Yeah, Hopz, I made it last week and didn't care for it either.  I added the zest of the fruit so it did have plenty of flavor; I'm just not a huge fan of that much citrus, especially the juice of sweet oranges, in savory dishes.  Shoulda known better. 

Lee


----------



## Toots (May 8, 2006)

I made this recipe two summers ago and I was non-plussed as well.  It was not as good as I thought it would be and a waste of good tequila to boot!

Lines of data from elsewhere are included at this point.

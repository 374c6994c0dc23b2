-- ===== src/File/Reached/Represented.antt =====
-- Each file that calls lead to stands for the map of the same calls (src/file.cpp).
use hit_database_exp3p2_cpp.Base.{
  ℕ, String, ◌+◌, ◌<◌, ◌≡◌, refl, sym, ◌∙◌, ap, subst, Option, none, some, List, [], ◌∷◌, ◌++◌,
  arith, length, inl, inr, ◌⊎◌, ◌==◌, Bool-cases, ==-ne,
}
use hit_database_exp3p2_cpp.Result.{Result, ok, ok-injective}
use hit_database_exp3p2_cpp.Page.{
  Page, page_number, next_page_number, set_next_page_number, set_page_number, initialize,
}
use hit_database_exp3p2_cpp.File.{allocate_page}
use hit_database_exp3p2_cpp.File.Stream.{File, fetch}
use hit_database_exp3p2_cpp.File.Links.{IsFile, own}
use hit_database_exp3p2_cpp.File.Relink.{Links-at, length-snoc, length-middle}
use hit_database_exp3p2_cpp.File.Kept.{Keeps}
use hit_database_exp3p2_cpp.File.Sorted.{length-insert_sorted}
use hit_database_exp3p2_cpp.File.Append.{allocate_page_appended}
use hit_database_exp3p2_cpp.File.Reused.{allocate_page_reused}
use hit_database_exp3p2_cpp.File.Remove.{delete_page_freed}
use hit_database_exp3p2_cpp.File.Store.{write_page_written}
use hit_database_exp3p2_cpp.File.Reached.{
  Pages, assign, content, blank, empty_file, Reached, start, appended, reused, deleted, written,
  Shows, Stands, Represents,
}

Shows-content :
    (n : ℕ) (p q : Page) (o : Option Page) → content p ≡ content q → Shows n p o → Shows n q o
Shows-content n p q none e (a, b) = (ap (λ (x : Page). page_number x) (sym e) ∙ a, sym e ∙ b)
Shows-content n p q (some r) e (a, b) = (ap (λ (x : Page). page_number x) (sym e) ∙ a, sym e ∙ b)

pub num_pages-IsFile :
    {f : File} {used free : List ℕ}
    → IsFile f used free
    → f.file_header.num_pages ≡ length used + length free + 1
num_pages-IsFile is = let c = is.count in let a = is.all in omega arith

-- A call that gives or takes page `n` and keeps the others.
assign-Represents :
    {f f' : File} {used free used' free' : List ℕ} {m : Pages}
    → Represents f used free m
    → (n : ℕ) (p : Page) (o : Option Page) → IsFile f' used' free'
    → (f'.file_header.num_pages ≡ f.file_header.num_pages)
      ⊎ ((f'.file_header.num_pages ≡ f.file_header.num_pages + 1) × (n ≡ f.file_header.num_pages))
    → n < f'.file_header.num_pages
    → Keeps f f' n
    → fetch f' n ≡ some p
    → Shows n p o
    → Represents f' used' free' (assign m n o)
assign-Represents {f} {f'} {m = m} rep n p o is size inside keeps at shows = record {
  is = is;
  stands = λ x pos below. elim (Bool-cases (x == n)) [
    | inl same ↦
        let e : n ≡ x = ground arith in
        rw same (subst (λ k. (p : Page) × (fetch f' k ≡ some p) × Shows k p o) e (p, at, shows))
    | inr other ↦
        let below' : x < f.file_header.num_pages = ground arith in
        let (q, here, shown) = rep.stands x pos below' in
        let (k, there) = keeps x q pos below' (λ e. ground arith) here in
        rw other (
          set_next_page_number q k,
          there,
          Shows-content x q (set_next_page_number q k) (m x) refl shown,
        )
  ];
  beyond = λ x above. rw (==-ne x n (omega arith)) (rep.beyond x (ground arith));
}

same_return :
    {A : Type 0} {a b : A} {f g : File}
    → ◌≡◌ {A = Result A × File} (ok a, f) (ok b, g)
    → (a ≡ b) × (f ≡ g)
same_return {A} e =
    (ok-injective (ap (λ (r : Result A × File). r.0) e), ap (λ (r : Result A × File). r.1) e)

start-Represents : (name : String) → Represents (empty_file name) [] [] (λ _. none)
start-Represents name = record {
  is = record {
    good = refl;
    count = refl;
    small = omega arith;
    used_links = refl;
    free_links = refl;
    ascending = tt;
    distinct = tt;
    counted = refl;
    all = refl;
  };
  stands = λ n pos below. absurd (omega arith);
  beyond = λ n above. refl;
}

-- What allocatePage has given, by the run that the call was.
allocated-Represents :
    (f : File) {f' : File} {used free : List ℕ} (m : Pages) {p : Page} (fuel n : ℕ) (p0 : Page)
    (f0 : File)
    → allocate_page fuel f ≡ (ok p0, f0)
    → allocate_page fuel f ≡ (ok p, f')
    → page_number p0 ≡ n
    → Represents f0 used free (assign m n (some (blank n)))
    → Represents f' used free (assign m (page_number p) (some (blank (page_number p))))
allocated-Represents f {f' = f'} {used = used} {free = free} m {p = p} fuel n p0 f0 run0 run number
      rep =
    let (ep, ef) = same_return (sym run0 ∙ run) in
    let en : n ≡ page_number p = sym number ∙ ap (λ (q : Page). page_number q) ep in
    subst (λ k. Represents f' used free (assign m k (some (blank k)))) en
      (subst (λ g. Represents g used free (assign m n (some (blank n)))) ef rep)

-- A free page has been given back blank.
free-content :
    (f : File) (n : ℕ) (fp : Page) (m : Pages)
    → 0 < n
    → fetch f n ≡ some fp
    → page_number fp ≡ 0
    → Stands f m n
    → content fp ≡ initialize
free-content f n fp m pos here unused (p, there, shown) =
    let same : p ≡ fp = cc in by_map (m n) (subst (λ (q : Page). Shows n q (m n)) same shown)
  where
    by_map : (o : Option Page) → Shows n fp o → content fp ≡ initialize
    by_map none s = s.1
    by_map (some q) s = absurd (omega (arith, s.0))

pub Reached-Represents :
    {f : File} {used free : List ℕ} {m : Pages} → Reached f used free m → Represents f used free m
unfolding initialize
Reached-Represents (start name) = start-Represents name
Reached-Represents (appended {f = f} {used = used} {m = m} before fuel room enough run) =
    let rep = Reached-Represents before in
    let top = f.file_header.num_pages in
    let (p0, f0, run0, number, is0, keeps, same, at) =
      allocate_page_appended fuel f used rep.is room enough in
    let size = num_pages-IsFile rep.is in
    let size0 = num_pages-IsFile is0 in
    let longer = length-snoc used top in
    allocated-Represents f m fuel top p0 f0 run0 run number (
      assign-Represents rep top p0 (some (blank top)) is0 (inr (omega arith, refl)) (omega arith)
        keeps at (number, ap content same))
Reached-Represents
      (reused {f = f} {used = used} {free = free} {n = n} {m = m} before fuel either enough run) =
    let rep = Reached-Represents before in
    let (a, pos, below, fp, here, unused, rest) = rep.is.free_links in
    let (p0, f0, run0, number, is0, keeps, fp', there, same, at) =
      allocate_page_reused fuel f used n free rep.is either enough in
    let size = num_pages-IsFile rep.is in
    let size0 = num_pages-IsFile is0 in
    let longer = length-insert_sorted n used in
    let ff : fp ≡ fp' = cc in
    let was = free-content f n fp m pos here unused (rep.stands n pos below) in
    allocated-Represents f m fuel n p0 f0 run0 run number (
      assign-Represents rep n p0 (some (blank n)) is0 (inl (omega arith)) (omega arith) keeps at (
        number,
        ap content same
            ∙ ap (λ (q : Page). set_page_number (content q) n) (sym ff)
            ∙ ap (λ (q : Page). set_page_number q n) was,
      ))
Reached-Represents
      (deleted {f = f} {f' = f'} {free = free} {m = m} n xs ys before fuel enough run) =
    let rep = Reached-Represents before in
    let (pos, below, p, here, num, rest) =
      Links-at (fetch f) own f.file_header.num_pages f.file_header.first_used_page xs n ys
        rep.is.used_links in
    let (f0, run0, is0, keeps, at) = delete_page_freed fuel f n xs ys free rep.is enough in
    let size = num_pages-IsFile rep.is in
    let size0 = num_pages-IsFile is0 in
    let shorter = length-middle xs n ys in
    subst (λ g. Represents g (xs ++ ys) (n ∷ free) (assign m n none))
      (same_return (sym run0 ∙ run)).1
      (assign-Represents rep n (set_next_page_number initialize f.file_header.first_free_page) none
        is0 (inl (omega arith)) (omega arith) keeps at (refl, refl))
Reached-Represents (written {f = f} {f' = f'} {free = free} {m = m} q xs ys before run) =
    let rep = Reached-Represents before in
    let n = page_number q in
    let (pos, below, p, here, num, rest) =
      Links-at (fetch f) own f.file_header.num_pages f.file_header.first_used_page xs n ys
        rep.is.used_links in
    let (p0, f0, there, run0, is0, read, named, keeps, at) =
      write_page_written f q xs ys free rep.is in
    let size = num_pages-IsFile rep.is in
    let size0 = num_pages-IsFile is0 in
    subst (λ g. Represents g (xs ++ n ∷ ys) free (assign m n (some (content q))))
      (same_return (sym run0 ∙ run)).1
      (assign-Represents rep n (set_next_page_number q (next_page_number p0)) (some (content q)) is0
        (inl (omega arith)) (omega arith) keeps at (refl, refl))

I think the Barefoot Contessa has good recipes, I just didnt care for this one.


----------



## kitchenelf (May 9, 2006)

I've had great tequila lime chicken at an Applebee's before but it was smothered with monteray jack cheese and spring onions  

Yes, some of those citrus marinads are way too subtle for me too.


----------



## ironchef (May 9, 2006)

Could it have possibly been that the dish was undersalted? Many citrus and/or alcohol based sauces, vinaigrettes, marinades, etc. need more salt than maybe what would be considered "normal", in order to bring out and enhance all of the flavors.


----------



## SizzlininIN (May 10, 2006)

Sorry but we really enjoy this recipe.  However, we added shredded mexican cheese on top with crumbled, fried bacon and green scallions. I also change up this recipe and use what I have as far a citrus' available.  I love the citrus flavor with the hint of tequilla.  I use Jose' Quervo (?spelling). Sometimes I make it without the tequilla.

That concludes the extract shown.